About this exercise – Using the data beneath, show every line that includes the word "rest".

Records from a data source
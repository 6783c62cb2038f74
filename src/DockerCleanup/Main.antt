-- ===== src/DockerCleanup/Main.antt =====
-- The ways into docker_cleanup.py: `start_background_cleanup` and `main`.
use public_endorsement_servi.Base.{
  ℕ, ◌+◌, ◌*◌, Bool, true, false, Option, none, List, Text, Outcome, ok, raised, exited, Completed,
}
use public_endorsement_servi.Base.Integers.{ℤ, pos, negsuc}
use public_endorsement_servi.Base.Json.{Json}
use public_endorsement_servi.DockerBuild.Config.{Values}
use public_endorsement_servi.DockerCleanup.Candidates.{get_images_to_cleanup}
use public_endorsement_servi.DockerCleanup.Batches.{Event, Removal, cleanup_images}

-- threshold_days * 24
unfoldable pub threshold_hours : ℤ → ℤ
threshold_hours (pos days) = pos (days * 24)
threshold_hours (negsuc days) = negsuc (days * 24 + 23)

abbrev pub cleanup_batch_size : ℤ
cleanup_batch_size = pos 4

abbrev pub cleanup_threshold_days : ℤ
cleanup_threshold_days = pos 7

-- What a cleanup finds: docker's listing, devkit.json, the tags in use, and how long the removals run.
pub record Surroundings : Type 0 where
  pub run : List Text → Completed
  pub config : Option (Outcome Json)
  pub vals : Values
  pub ignored : Outcome (List Text)
  pub rmi : Text → Option ℕ

module _ (around : Surroundings) where
  -- `cleanup_images` with the candidates that it asks for.
  unfoldable pub cleanup : Event → ℤ → ℤ → Outcome (List Removal)
  unfolding cleanup_images get_images_to_cleanup threshold_hours
  cleanup event batch_size threshold_days =
      cleanup_images around.rmi event
        (get_images_to_cleanup around.run around.config around.vals around.ignored
          (threshold_hours threshold_days))
        batch_size

  -- What the thread does until the event that it is given with is set.
  unfoldable pub start_background_cleanup : Event → Outcome (List Removal)
  unfolding cleanup
  start_background_cleanup cancel_event =
      cleanup cancel_event cleanup_batch_size cleanup_threshold_days

-- How the cleanup of `main` ends: by itself, or with Ctrl-C.
pub data CleanupEnd : Type 0 where
  by_itself : Outcome (List Removal) → CleanupEnd
  interrupted : CleanupEnd

-- The process's end, and whether the event is set then.
unfoldable pub main_end : CleanupEnd → Outcome (Unit {0}) × Bool
main_end (by_itself (ok removals)) = (ok tt, false)
main_end (by_itself (raised e)) = (raised e, false)
main_end (by_itself (exited n)) = (exited n, false)
main_end interrupted = (ok tt, true)

-- Nobody else has the event of `main`. `interrupt` tells whether Ctrl-C comes.
unfoldable pub main : Surroundings → Bool → ℤ → ℤ → Outcome (Unit {0}) × Bool
unfolding cleanup main_end
main around true batch_size threshold_days = main_end interrupted
main around false batch_size threshold_days =
    main_end (by_itself (cleanup around none batch_size threshold_days))
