-- ===== src/DockerCleanup/Safe.antt =====
-- What docker_cleanup.py ever removes.
use public_endorsement_servi.Base.{
  ℕ, suc, ◌≡◌, true, false, List, In, In-append_left, subst, contains, Text, ok,
}
use public_endorsement_servi.Base.Integers.{ℤ, pos}
use public_endorsement_servi.DockerBuild.Config.{get_image_prefix}
use public_endorsement_servi.DockerCleanup.Names.{is_allowed}
use public_endorsement_servi.DockerCleanup.Candidates.{get_images}
use public_endorsement_servi.DockerCleanup.Batches.{Event, Removal}
use public_endorsement_servi.DockerCleanup.Kept.{get_images_to_cleanup_iff}
use public_endorsement_servi.DockerCleanup.Cleaned.{handled, cleanup_images-IsPrefix}
use public_endorsement_servi.DockerCleanup.Main.{Surroundings, cleanup, threshold_hours}

-- Where the image prefix can be read and the tags in use are known, a cleanup with a positive batch
-- size returns, whenever it is cancelled and however long the removals run; and each image whose
-- removal it has started is one of those that docker lists under the prefix as older than the
-- threshold, has a name on the allowlist, and is not in use.
pub cleanup-In :
    (around : Surroundings) (event : Event) (n : ℕ) (threshold_days : ℤ) (prefix : Text)
    (tags : List Text)
    → get_image_prefix around.vals around.config ≡ ok prefix
    → around.ignored ≡ ok tags
    → (removals : List Removal) × (cleanup around event (pos (suc n)) threshold_days ≡ ok removals)
      × ((img : Text)
          → In img (handled removals)
          → In img (get_images around.run prefix (threshold_hours threshold_days))
            × (is_allowed img ≡ true)
            × (contains tags img ≡ false))
unfolding cleanup
cleanup-In around event n threshold_days prefix tags read known =
    let (images, found, member) =
      get_images_to_cleanup_iff around.run around.config around.vals prefix tags
        (threshold_hours threshold_days) read in
    let (removals, rest, ran, order) = cleanup_images-IsPrefix around.rmi event images n in
    (
      removals,
      rw (known, found) ran,
      λ img m. (member img).0 (subst (In img) order (In-append_left img (handled removals) rest m)),
    )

Solution below –
    let (removals, rest, ran, order) = cleanup_images-IsPrefix around.rmi event images n in
      λ img m. (member img).0 (subst (In img) order (In-append_left img (handled removals) rest m)),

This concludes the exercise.